Dataset entries:
□ □ □

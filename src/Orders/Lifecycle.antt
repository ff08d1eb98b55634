-- ===== src/Orders/Lifecycle.antt =====
-- The life cycle of an order. Each operation moves the status of every order along the edges of the
-- diagram, and leaves the rest of the order alone.
use seapedia.Prelude.{
  ◌≡◌, refl, inl, inr, Bool, true, false, List, arith, Bool-cases, update, All, Extends,
  Extends-update, if◌then◌else◌,
}
use seapedia.Db.{
  Order, OrderStatus, sedang_dikemas, menunggu_pengirim, sedang_dikirim, pesanan_selesai,
  dikembalikan, Env,
}
use seapedia.Orders.Seller.{set_status}
use seapedia.Orders.Overdue.{is_final}

infix 40 ◌⟶◌ ◌⟶*◌
pub data ◌⟶◌ : OrderStatus → OrderStatus → Type 0 where
  release : sedang_dikemas ⟶ menunggu_pengirim
  pick_up : menunggu_pengirim ⟶ sedang_dikirim
  deliver : sedang_dikirim ⟶ pesanan_selesai
  give_back : {s : OrderStatus} → is_final s ≡ false → s ⟶ dikembalikan

pub data ◌⟶*◌ (s : OrderStatus) : OrderStatus → Type 0 where
  here : s ⟶* s
  step : {t u : OrderStatus} → s ⟶* t → t ⟶ u → s ⟶* u

pub ⟶*_trans : {s t u : OrderStatus} → s ⟶* t → t ⟶* u → s ⟶* u
⟶*_trans h here = h
⟶*_trans h (step k e) = step (⟶*_trans h k) e

final_stays : {s t : OrderStatus} → s ⟶ t → is_final s ≡ false
final_stays release = refl
final_stays pick_up = refl
final_stays deliver = refl
final_stays (give_back h) = h

-- A delivered or returned order keeps its status for ever.
pub final_forever : {s t : OrderStatus} → s ⟶* t → is_final s ≡ true → t ≡ s
final_forever here f = refl
final_forever {s} (step {t = t} h e) f =
    let low : is_final t ≡ false = final_stays e in
    let low' : is_final s ≡ false = rw (final_forever h f) at low in cc f

-- What an operation may do to a row: all but the status and the time of the change stays.
pub record Advances (o o' : Order) : Type 0 where
  pub kept : o' ≡ record o { status = o'.status; updated_at = o'.updated_at }
  pub moved : o.status ⟶* o'.status

pub Advances-refl : (o : Order) → Advances o o
Advances-refl o = record { kept = refl; moved = here }

pub Advances-trans : (o p q : Order) → Advances o p → Advances p q → Advances o q
Advances-trans o p q h k = record { kept = ground arith; moved = ⟶*_trans h.moved k.moved }

pub set_status-Advances :
    (env : Env) (o : Order) (s : OrderStatus) → o.status ⟶ s → Advances o (set_status env s o)
set_status-Advances env o s e = record { kept = refl; moved = step here e }

-- An update of the rows that pass a test, where each may take the edge.
pub update-Extends :
    (env : Env) (p : Order → Bool) (s : OrderStatus) (os : List Order)
    → All (λ o. p o ≡ true → o.status ⟶ s) os
    → Extends Advances os (update p (set_status env s) os)
update-Extends env p s os h =
    Extends-update (λ o. p o ≡ true → o.status ⟶ s) Advances p (set_status env s) os advance h
  where
    advance :
        (o : Order)
        → (p o ≡ true → o.status ⟶ s)
        → Advances o (if p o then set_status env s o else o)
    advance o k = elim (Bool-cases (p o)) [
      | inl e ↦ rw e (set_status-Advances env o s (k e))
      | inr e ↦ rw e (Advances-refl o)
    ]
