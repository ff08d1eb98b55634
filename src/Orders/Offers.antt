-- ===== src/Orders/Offers.antt =====
-- What a driver sees of the jobs: the offers.
-- services/commerce/src/modules/driver/driver.service.ts

use seapedia.Prelude.{
  All-imp, find_test, ℕ, zero, suc, ◌==◌, ◌≡◌, inl, inr, Bool, true, some, List, [], ◌∷◌, take,
  ==-refl, Bool-cases, Option-cases, All, All-select_test, find, find-narrow, select, IsKeyed,
  find_own,
}
use seapedia.Db.{Order, DeliveryJob, StoreRef, Db, ok, Env, menunggu_pengirim}
use seapedia.Orders.Detail.{is_order}
use seapedia.Orders.Driver.{is_pending_job, is_order_in, take_job}
use seapedia.Orders.Driver
use seapedia.Orders.Jobs.{Job, joined_jobs, is_untaken, is_waiting, available_jobs}

module _ {A : Type 0} where
  All-take : (P : A → Type 0) (n : ℕ) (xs : List A) → All P xs → All P (take n xs)
  All-take P zero xs _ = tt
  All-take P (suc n) [] _ = tt
  All-take P (suc n) (x ∷ xs) (p, ps) = (p, All-take P n xs ps)

-- A driver may take the job: the call answers with success.
abbrev pub IsTakeable : Env → ℕ → Db → Job → Type 0
IsTakeable env driver d j = (take_job env j.job.id driver d).0 ≡ ok tt

take_job_succeeds :
    (env : Env) (id driver : ℕ) (d : Db) (j : DeliveryJob) (o : Order)
    → find (is_pending_job id) d.delivery_jobs ≡ some j
    → find (is_order_in j.order_id menunggu_pengirim) d.orders ≡ some o
    → (take_job env id driver d).0 ≡ ok tt
unfolding take_job Driver.take
take_job_succeeds env id driver d j o e f = rw (e, f)

-- A row of the join: the job is the one that a driver's call finds, its order meets the test.
abbrev IsOffer : (Order → Bool) → Db → Job → Type 0
IsOffer q d j =
    (find (is_pending_job j.job.id) d.delivery_jobs ≡ some j.job)
    × ((o : Order) × (find (is_order j.job.order_id) d.orders ≡ some o) × (q o ≡ true))

joined_jobs-IsOffer :
    (q : Order → Bool) (d : Db) (js : List DeliveryJob)
    → All (λ j. find (is_pending_job j.id) d.delivery_jobs ≡ some j) js
    → All (IsOffer q d) (joined_jobs q d js)
joined_jobs-IsOffer q d [] _ = tt
joined_jobs-IsOffer q d (j ∷ js) (e, es) =
    elim (Option-cases (find (is_order j.order_id) d.orders)) [
      | inl f ↦ rw f (joined_jobs-IsOffer q d js es)
      | inr (o, f) ↦ elim (Bool-cases (q o)) [
        | inl t ↦ elim (Option-cases (find (λ (s : StoreRef). s.id == o.store_id) d.store_refs)) [
          | inl g ↦ rw (f, t, g) (joined_jobs-IsOffer q d js es)
          | inr (s, g) ↦ rw (f, t, g) ((e, (o, f, t)), joined_jobs-IsOffer q d js es)
        ]
        | inr t ↦ rw (f, t) (joined_jobs-IsOffer q d js es)
      ]
    ]

-- Where the ids of the jobs and of the orders are unique, any driver can take any job that is listed as
-- available: the call succeeds.
pub available_jobs-take_job :
    (env : Env) (driver : ℕ) (d : Db)
    → IsKeyed (λ j. j.id) d.delivery_jobs
    → All (IsTakeable env driver d) (available_jobs d)
unfolding available_jobs
available_jobs-take_job env driver d keyed =
    All-take (IsTakeable env driver d) 50
      (joined_jobs is_waiting d (select is_untaken d.delivery_jobs))
      (All-imp (IsOffer is_waiting d) (IsTakeable env driver d)
        (λ j (e, (o, f, t)). take_job_succeeds env j.job.id driver d j.job o e (
          find-narrow (is_order_in j.job.order_id menunggu_pengirim) (is_order j.job.order_id)
            d.orders (λ y g. rw g) f (rw (find_test (is_order j.job.order_id) d.orders f, t))))
        (joined_jobs is_waiting d (select is_untaken d.delivery_jobs))
        (joined_jobs-IsOffer is_waiting d (select is_untaken d.delivery_jobs) (
          All-select_test (λ j. find (λ v. v.id == j.id) d.delivery_jobs ≡ some j)
            (λ j. find (is_pending_job j.id) d.delivery_jobs ≡ some j) is_untaken d.delivery_jobs
            (λ j e t.
              find-narrow (is_pending_job j.id) (λ v. v.id == j.id) d.delivery_jobs (λ y g. rw g) e
                (rw (==-refl j.id, t)))
            (find_own (λ j. j.id) d.delivery_jobs keyed))))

□ □ □

● **WORK TO BE COMPLETED**
Would you copy out exactly the lines above that start at the one containing "unfolding available_jobs" and end at the one containing "(joined_jobs-IsOffer is_waiting d", inclusive?

● **OUTPUT OF THE EXERCISE**
unfolding available_jobs
available_jobs-take_job env driver d keyed =
    All-take (IsTakeable env driver d) 50
      (joined_jobs is_waiting d (select is_untaken d.delivery_jobs))
      (All-imp (IsOffer is_waiting d) (IsTakeable env driver d)
        (λ j (e, (o, f, t)). take_job_succeeds env j.job.id driver d j.job o e (
          find-narrow (is_order_in j.job.order_id menunggu_pengirim) (is_order j.job.order_id)
            d.orders (λ y g. rw g) f (rw (find_test (is_order j.job.order_id) d.orders f, t))))
        (joined_jobs is_waiting d (select is_untaken d.delivery_jobs))
        (joined_jobs-IsOffer is_waiting d (select is_untaken d.delivery_jobs) (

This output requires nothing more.